Exercise —
With the first line as the start and the line containing "free = some 2;" as the end, write out every line of the records exactly.

*** Input data Section Begins ***

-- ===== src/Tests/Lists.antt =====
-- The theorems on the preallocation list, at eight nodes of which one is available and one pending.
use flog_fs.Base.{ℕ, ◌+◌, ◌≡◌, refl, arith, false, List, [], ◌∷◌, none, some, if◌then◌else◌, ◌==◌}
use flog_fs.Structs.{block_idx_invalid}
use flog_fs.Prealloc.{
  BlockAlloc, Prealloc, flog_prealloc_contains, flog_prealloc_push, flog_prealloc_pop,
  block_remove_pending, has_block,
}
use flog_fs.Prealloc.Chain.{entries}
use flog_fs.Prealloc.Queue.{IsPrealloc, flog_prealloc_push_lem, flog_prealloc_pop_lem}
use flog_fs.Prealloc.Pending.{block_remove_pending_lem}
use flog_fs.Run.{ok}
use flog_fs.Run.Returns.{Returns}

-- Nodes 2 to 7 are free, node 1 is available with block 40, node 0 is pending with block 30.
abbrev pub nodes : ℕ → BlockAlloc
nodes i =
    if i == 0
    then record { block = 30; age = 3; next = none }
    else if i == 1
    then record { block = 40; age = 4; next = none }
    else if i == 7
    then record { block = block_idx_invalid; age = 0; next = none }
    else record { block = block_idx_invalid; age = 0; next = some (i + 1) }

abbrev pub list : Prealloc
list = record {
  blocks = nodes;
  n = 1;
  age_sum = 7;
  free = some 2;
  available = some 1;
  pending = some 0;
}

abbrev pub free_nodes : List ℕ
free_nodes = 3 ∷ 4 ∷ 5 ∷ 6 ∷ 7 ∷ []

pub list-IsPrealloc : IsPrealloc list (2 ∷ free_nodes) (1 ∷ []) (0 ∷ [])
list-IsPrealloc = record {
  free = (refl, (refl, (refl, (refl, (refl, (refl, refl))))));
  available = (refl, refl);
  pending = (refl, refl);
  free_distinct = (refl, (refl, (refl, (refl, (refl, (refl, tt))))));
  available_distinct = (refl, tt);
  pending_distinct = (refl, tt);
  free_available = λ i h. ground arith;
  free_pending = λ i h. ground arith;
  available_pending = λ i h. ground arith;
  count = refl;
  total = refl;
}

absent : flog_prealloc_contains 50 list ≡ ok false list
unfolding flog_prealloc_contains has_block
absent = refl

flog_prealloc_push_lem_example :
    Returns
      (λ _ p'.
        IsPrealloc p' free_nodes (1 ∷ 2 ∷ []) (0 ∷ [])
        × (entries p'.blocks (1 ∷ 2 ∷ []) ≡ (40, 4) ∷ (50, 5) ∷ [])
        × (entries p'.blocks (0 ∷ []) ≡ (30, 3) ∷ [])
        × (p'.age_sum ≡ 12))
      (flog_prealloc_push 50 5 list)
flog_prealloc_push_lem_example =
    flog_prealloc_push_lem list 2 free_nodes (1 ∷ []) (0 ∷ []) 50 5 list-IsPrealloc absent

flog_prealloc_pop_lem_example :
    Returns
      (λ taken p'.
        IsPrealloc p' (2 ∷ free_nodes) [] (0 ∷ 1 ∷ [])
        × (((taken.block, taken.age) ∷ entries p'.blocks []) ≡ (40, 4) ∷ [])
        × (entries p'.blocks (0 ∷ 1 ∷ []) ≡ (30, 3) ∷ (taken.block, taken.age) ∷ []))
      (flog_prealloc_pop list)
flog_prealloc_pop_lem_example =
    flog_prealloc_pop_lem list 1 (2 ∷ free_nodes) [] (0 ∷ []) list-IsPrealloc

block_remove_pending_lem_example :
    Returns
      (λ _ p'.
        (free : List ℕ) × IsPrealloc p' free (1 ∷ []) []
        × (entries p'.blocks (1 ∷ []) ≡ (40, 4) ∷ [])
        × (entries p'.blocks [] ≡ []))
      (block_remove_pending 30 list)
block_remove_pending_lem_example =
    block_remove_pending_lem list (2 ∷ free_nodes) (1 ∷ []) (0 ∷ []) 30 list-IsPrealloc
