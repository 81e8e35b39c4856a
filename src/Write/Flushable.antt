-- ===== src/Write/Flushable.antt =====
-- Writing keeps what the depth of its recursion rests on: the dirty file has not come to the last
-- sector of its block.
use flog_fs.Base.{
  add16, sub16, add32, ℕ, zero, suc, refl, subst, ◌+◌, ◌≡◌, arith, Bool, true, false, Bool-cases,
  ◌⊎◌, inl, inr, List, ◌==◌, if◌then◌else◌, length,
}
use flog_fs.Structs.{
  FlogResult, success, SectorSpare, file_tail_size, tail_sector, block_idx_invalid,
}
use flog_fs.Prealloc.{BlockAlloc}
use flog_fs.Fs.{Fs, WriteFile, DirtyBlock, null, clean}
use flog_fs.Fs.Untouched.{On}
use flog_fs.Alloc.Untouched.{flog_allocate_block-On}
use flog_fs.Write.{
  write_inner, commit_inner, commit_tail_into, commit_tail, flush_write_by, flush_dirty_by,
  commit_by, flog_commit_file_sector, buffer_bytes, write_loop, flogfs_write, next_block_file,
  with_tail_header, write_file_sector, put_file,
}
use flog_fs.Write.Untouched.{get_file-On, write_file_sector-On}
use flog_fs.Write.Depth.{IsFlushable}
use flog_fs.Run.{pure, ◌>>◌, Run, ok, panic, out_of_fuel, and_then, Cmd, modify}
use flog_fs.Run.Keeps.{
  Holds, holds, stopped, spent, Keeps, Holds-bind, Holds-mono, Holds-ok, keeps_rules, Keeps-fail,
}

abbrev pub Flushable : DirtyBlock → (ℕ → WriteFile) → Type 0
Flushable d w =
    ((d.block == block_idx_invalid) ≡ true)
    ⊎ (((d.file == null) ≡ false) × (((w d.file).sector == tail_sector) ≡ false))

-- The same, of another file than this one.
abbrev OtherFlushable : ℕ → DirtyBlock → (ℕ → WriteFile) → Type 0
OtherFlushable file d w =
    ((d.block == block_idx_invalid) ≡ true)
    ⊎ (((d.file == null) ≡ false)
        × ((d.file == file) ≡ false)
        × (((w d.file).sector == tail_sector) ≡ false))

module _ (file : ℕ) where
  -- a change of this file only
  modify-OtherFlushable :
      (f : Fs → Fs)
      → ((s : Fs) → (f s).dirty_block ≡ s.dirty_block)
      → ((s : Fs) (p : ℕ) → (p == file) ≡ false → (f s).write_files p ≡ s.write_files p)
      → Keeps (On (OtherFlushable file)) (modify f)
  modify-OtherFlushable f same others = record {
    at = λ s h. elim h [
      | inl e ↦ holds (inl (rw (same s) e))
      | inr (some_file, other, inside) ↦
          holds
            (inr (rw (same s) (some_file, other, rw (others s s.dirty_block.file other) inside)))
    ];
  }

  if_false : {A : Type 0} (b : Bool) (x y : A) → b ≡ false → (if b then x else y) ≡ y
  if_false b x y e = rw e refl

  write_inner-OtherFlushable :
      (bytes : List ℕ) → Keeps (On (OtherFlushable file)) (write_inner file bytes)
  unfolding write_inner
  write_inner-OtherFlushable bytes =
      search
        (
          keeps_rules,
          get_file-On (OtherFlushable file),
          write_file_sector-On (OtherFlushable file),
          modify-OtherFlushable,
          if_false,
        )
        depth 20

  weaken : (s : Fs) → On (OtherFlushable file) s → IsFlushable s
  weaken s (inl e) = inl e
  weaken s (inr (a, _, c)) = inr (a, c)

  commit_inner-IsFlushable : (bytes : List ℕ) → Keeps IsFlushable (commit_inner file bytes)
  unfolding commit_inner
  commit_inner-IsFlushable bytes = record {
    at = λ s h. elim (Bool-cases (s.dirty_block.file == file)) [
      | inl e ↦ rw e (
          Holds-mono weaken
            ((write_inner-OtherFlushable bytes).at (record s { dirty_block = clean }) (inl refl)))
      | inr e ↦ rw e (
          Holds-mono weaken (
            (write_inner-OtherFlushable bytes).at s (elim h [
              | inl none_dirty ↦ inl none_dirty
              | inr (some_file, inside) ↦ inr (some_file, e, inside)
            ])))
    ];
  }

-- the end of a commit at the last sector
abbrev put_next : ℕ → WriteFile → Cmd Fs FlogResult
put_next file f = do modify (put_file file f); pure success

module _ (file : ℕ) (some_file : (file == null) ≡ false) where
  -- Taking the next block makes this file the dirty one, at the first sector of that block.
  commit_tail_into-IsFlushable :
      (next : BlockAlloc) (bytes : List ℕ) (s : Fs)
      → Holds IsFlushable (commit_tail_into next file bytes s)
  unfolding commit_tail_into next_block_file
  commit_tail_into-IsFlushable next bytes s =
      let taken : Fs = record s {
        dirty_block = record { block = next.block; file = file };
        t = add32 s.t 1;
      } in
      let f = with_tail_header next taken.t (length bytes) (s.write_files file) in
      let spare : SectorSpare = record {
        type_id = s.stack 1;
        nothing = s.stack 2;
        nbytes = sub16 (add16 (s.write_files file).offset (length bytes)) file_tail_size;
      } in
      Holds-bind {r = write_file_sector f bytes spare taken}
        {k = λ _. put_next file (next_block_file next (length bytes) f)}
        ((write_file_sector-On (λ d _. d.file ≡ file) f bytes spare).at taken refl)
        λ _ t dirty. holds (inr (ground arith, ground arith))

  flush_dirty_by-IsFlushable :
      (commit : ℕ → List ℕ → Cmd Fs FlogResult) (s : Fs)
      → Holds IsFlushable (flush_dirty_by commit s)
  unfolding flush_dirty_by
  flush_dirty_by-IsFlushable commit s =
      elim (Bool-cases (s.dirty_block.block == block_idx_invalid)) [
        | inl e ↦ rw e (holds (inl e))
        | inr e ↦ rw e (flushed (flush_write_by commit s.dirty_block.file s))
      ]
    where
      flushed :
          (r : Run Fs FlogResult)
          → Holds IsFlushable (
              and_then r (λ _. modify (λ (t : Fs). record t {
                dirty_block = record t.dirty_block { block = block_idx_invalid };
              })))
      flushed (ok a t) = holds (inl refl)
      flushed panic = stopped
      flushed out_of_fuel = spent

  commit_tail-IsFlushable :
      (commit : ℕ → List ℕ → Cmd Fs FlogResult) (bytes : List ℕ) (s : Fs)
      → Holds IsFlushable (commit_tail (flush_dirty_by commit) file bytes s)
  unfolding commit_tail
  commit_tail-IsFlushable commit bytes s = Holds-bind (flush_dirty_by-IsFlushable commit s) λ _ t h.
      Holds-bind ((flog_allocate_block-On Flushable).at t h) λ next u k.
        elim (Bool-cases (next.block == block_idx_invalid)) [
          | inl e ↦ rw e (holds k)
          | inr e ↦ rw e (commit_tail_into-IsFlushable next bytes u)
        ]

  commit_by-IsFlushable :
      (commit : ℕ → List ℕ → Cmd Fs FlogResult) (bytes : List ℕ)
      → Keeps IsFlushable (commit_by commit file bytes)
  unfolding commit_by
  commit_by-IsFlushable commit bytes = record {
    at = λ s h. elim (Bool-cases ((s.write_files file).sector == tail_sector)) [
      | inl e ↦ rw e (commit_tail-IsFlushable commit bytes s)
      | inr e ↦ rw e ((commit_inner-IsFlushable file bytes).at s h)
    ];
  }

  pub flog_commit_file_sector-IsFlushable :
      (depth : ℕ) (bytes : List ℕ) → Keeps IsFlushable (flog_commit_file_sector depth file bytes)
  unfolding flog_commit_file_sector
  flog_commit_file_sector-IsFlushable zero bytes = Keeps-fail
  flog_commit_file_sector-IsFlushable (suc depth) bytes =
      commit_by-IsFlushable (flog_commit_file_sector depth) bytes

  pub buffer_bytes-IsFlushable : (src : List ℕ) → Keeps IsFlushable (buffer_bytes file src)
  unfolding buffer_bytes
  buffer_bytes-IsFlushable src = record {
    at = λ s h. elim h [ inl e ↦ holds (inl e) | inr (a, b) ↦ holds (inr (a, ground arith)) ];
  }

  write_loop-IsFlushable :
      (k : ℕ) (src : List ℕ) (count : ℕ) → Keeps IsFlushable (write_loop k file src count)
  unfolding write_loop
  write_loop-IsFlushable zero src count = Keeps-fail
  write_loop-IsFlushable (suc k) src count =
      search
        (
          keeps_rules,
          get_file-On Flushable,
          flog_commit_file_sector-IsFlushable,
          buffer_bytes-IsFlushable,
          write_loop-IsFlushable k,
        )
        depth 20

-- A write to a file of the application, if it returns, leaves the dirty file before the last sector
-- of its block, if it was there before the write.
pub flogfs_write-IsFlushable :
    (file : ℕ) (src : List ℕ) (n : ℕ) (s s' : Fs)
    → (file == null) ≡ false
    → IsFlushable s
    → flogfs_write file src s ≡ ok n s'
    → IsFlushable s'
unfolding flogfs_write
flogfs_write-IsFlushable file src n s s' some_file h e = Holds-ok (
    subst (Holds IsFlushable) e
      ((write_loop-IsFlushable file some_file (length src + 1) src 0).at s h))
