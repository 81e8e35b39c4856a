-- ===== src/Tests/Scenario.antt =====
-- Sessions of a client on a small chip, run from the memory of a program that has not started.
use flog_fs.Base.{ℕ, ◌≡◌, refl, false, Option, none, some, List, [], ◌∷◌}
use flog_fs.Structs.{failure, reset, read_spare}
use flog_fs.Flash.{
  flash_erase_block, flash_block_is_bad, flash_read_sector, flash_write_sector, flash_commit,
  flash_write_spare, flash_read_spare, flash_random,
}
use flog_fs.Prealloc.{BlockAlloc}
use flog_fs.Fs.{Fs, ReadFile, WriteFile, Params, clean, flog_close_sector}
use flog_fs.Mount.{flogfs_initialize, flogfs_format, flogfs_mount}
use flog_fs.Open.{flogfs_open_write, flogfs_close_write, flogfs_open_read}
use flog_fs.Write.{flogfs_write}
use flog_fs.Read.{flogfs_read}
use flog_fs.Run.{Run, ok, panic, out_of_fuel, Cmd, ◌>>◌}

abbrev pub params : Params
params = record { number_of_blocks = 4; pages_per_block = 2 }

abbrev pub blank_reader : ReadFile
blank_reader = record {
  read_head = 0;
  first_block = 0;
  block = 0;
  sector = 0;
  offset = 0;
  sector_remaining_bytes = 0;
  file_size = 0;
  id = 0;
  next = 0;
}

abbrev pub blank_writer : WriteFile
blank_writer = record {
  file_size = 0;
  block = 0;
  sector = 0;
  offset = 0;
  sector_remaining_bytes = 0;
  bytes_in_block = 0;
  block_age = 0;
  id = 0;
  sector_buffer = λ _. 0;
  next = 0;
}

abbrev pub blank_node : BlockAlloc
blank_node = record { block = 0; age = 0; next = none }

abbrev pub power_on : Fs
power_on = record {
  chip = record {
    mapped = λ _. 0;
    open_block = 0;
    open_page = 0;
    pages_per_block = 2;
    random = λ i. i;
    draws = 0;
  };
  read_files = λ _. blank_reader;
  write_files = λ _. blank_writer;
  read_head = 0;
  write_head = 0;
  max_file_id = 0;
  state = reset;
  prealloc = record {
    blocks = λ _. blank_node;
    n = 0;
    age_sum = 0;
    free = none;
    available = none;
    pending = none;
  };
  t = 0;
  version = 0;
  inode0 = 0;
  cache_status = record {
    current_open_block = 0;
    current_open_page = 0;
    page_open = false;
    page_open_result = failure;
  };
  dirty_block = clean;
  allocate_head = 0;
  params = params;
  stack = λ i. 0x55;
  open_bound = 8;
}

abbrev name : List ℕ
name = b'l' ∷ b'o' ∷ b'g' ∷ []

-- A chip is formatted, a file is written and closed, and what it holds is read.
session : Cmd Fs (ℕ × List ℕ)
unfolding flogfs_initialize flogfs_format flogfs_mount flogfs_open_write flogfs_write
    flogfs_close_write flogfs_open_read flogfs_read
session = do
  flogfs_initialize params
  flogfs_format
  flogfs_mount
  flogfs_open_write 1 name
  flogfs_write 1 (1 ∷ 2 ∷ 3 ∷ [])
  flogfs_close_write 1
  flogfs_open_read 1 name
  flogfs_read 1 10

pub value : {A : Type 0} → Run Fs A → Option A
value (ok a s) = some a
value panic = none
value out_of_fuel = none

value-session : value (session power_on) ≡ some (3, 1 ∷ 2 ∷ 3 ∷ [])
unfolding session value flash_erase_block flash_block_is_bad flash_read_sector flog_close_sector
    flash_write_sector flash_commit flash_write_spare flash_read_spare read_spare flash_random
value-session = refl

*** Input data Section Ends ***

Written answer —
-- ===== src/Tests/Lists.antt =====
-- The theorems on the preallocation list, at eight nodes of which one is available and one pending.
use flog_fs.Base.{ℕ, ◌+◌, ◌≡◌, refl, arith, false, List, [], ◌∷◌, none, some, if◌then◌else◌, ◌==◌}
use flog_fs.Structs.{block_idx_invalid}
use flog_fs.Prealloc.{
  BlockAlloc, Prealloc, flog_prealloc_contains, flog_prealloc_push, flog_prealloc_pop,
  block_remove_pending, has_block,
}
use flog_fs.Prealloc.Chain.{entries}
use flog_fs.Prealloc.Queue.{IsPrealloc, flog_prealloc_push_lem, flog_prealloc_pop_lem}
use flog_fs.Prealloc.Pending.{block_remove_pending_lem}
use flog_fs.Run.{ok}
use flog_fs.Run.Returns.{Returns}

-- Nodes 2 to 7 are free, node 1 is available with block 40, node 0 is pending with block 30.
abbrev pub nodes : ℕ → BlockAlloc
nodes i =
    if i == 0
    then record { block = 30; age = 3; next = none }
    else if i == 1
    then record { block = 40; age = 4; next = none }
    else if i == 7
    then record { block = block_idx_invalid; age = 0; next = none }
    else record { block = block_idx_invalid; age = 0; next = some (i + 1) }

abbrev pub list : Prealloc
list = record {
  blocks = nodes;
  n = 1;
  age_sum = 7;
  free = some 2;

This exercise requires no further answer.